Among the lines below, copy each one in which "Quality" appears.
──────── RECORDED INFORMATION
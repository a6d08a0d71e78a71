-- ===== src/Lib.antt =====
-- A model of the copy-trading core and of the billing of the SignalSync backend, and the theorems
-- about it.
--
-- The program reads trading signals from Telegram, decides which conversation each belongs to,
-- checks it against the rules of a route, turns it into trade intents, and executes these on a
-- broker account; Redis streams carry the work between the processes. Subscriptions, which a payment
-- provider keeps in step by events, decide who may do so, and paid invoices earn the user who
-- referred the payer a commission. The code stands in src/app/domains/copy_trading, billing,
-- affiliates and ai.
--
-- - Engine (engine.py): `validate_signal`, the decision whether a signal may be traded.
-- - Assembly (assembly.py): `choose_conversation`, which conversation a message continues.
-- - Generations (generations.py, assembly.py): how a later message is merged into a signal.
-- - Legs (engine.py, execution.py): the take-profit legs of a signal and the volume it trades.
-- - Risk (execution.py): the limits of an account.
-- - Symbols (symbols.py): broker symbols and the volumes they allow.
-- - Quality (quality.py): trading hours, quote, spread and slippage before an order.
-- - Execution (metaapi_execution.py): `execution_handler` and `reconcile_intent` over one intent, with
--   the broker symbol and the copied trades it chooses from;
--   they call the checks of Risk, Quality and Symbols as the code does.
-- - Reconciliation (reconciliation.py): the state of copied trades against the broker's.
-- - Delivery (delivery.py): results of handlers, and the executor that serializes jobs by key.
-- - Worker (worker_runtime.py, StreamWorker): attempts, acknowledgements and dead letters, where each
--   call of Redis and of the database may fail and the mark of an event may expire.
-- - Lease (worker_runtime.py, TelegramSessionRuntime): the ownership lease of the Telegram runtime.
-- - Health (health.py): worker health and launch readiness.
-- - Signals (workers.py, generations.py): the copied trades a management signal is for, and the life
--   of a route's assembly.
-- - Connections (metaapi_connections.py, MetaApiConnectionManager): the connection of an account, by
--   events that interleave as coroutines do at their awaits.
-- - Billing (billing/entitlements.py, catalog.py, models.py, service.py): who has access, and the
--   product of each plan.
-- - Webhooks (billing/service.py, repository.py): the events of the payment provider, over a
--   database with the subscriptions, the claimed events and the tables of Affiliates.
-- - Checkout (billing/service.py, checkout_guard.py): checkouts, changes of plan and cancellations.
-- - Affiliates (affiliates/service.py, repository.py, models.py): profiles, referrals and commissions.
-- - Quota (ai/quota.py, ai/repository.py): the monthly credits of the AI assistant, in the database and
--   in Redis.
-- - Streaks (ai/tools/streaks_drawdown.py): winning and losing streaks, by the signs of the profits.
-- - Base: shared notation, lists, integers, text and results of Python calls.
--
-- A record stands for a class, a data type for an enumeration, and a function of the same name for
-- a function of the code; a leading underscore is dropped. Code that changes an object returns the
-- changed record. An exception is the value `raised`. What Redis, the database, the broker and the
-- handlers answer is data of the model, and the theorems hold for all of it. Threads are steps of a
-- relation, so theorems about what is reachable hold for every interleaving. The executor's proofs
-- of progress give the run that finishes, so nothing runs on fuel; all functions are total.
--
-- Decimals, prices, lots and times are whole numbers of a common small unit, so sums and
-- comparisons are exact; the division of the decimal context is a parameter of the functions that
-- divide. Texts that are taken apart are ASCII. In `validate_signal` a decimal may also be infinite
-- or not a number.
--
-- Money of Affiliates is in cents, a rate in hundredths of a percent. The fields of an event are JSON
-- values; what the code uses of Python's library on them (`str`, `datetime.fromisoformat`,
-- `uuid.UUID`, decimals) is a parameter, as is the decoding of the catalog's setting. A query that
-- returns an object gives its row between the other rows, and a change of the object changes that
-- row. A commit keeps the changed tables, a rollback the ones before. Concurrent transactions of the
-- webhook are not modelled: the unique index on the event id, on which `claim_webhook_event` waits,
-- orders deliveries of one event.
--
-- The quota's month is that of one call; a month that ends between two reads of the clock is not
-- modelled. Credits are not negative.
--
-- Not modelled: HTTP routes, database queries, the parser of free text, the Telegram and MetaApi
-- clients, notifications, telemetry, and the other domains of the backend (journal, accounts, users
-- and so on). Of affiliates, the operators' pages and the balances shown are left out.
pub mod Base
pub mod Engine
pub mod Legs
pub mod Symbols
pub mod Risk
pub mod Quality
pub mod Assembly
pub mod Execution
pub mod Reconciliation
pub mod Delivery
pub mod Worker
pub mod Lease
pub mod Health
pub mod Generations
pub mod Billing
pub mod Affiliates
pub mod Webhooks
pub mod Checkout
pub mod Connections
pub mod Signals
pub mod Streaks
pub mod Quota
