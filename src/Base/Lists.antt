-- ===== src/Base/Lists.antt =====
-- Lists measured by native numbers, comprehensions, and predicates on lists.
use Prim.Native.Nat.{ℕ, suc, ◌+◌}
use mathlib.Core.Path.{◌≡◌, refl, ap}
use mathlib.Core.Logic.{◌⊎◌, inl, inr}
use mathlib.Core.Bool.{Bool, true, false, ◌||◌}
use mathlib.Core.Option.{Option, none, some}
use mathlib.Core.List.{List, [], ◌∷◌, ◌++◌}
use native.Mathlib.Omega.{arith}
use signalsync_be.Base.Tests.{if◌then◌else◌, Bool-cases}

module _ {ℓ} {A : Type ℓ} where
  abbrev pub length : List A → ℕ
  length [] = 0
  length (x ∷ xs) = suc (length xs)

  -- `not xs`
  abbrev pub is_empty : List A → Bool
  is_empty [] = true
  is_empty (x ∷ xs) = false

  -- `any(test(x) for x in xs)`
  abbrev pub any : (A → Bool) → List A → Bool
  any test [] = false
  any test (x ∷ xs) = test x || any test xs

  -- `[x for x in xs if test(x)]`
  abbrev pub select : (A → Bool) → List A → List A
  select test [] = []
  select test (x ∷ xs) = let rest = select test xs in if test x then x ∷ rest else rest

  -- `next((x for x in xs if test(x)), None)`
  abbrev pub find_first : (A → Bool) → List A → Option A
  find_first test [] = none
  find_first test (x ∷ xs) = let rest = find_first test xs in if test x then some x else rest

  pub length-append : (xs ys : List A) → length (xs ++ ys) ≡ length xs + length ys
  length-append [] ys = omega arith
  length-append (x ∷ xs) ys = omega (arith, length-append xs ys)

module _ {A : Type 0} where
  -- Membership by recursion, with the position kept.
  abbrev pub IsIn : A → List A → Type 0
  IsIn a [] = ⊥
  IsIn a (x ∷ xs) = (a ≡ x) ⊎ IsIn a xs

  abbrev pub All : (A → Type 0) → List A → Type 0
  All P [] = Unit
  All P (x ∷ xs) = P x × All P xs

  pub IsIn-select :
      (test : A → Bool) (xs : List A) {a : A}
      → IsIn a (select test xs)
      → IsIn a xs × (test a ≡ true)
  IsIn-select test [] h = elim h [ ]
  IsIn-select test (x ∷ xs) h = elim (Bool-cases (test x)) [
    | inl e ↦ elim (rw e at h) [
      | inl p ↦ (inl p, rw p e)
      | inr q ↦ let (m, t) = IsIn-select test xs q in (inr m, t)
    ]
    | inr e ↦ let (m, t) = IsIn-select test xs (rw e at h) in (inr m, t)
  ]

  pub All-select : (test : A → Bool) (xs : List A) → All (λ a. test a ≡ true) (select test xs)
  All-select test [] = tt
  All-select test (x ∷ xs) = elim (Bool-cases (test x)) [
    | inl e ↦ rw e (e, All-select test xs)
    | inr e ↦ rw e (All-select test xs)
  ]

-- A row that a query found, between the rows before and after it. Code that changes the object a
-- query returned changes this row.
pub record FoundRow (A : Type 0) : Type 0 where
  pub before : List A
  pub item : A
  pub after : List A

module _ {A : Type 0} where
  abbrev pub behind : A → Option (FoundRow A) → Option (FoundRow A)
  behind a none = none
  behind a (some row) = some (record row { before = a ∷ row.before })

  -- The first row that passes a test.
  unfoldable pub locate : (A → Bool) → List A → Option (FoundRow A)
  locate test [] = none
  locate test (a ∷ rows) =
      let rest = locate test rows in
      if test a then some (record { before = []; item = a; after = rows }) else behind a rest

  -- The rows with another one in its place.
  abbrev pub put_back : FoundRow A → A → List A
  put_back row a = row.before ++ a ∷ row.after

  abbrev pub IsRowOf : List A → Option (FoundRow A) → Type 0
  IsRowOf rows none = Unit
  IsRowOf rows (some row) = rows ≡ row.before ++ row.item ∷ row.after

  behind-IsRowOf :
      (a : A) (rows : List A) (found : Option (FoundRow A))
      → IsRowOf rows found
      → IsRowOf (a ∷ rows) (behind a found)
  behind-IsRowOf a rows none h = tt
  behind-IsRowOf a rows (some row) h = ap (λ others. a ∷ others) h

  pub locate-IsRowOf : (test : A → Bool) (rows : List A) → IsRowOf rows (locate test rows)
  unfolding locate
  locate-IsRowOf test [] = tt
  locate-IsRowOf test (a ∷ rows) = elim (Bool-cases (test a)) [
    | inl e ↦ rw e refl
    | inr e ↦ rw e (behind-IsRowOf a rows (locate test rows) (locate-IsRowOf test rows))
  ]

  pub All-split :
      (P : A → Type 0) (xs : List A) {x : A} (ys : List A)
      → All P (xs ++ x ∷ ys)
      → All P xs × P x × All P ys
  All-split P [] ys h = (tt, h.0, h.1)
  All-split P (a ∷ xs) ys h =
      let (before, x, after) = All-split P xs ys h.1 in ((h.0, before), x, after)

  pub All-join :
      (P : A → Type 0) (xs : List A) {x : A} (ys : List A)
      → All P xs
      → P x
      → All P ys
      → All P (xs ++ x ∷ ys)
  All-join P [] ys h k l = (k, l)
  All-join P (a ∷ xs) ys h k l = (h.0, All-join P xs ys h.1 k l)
────────────────
OUTPUT OF THE TASK =>
-- - Quality (quality.py): trading hours, quote, spread and slippage before an order.
--   they call the checks of Risk, Quality and Symbols as the code does.
pub mod Quality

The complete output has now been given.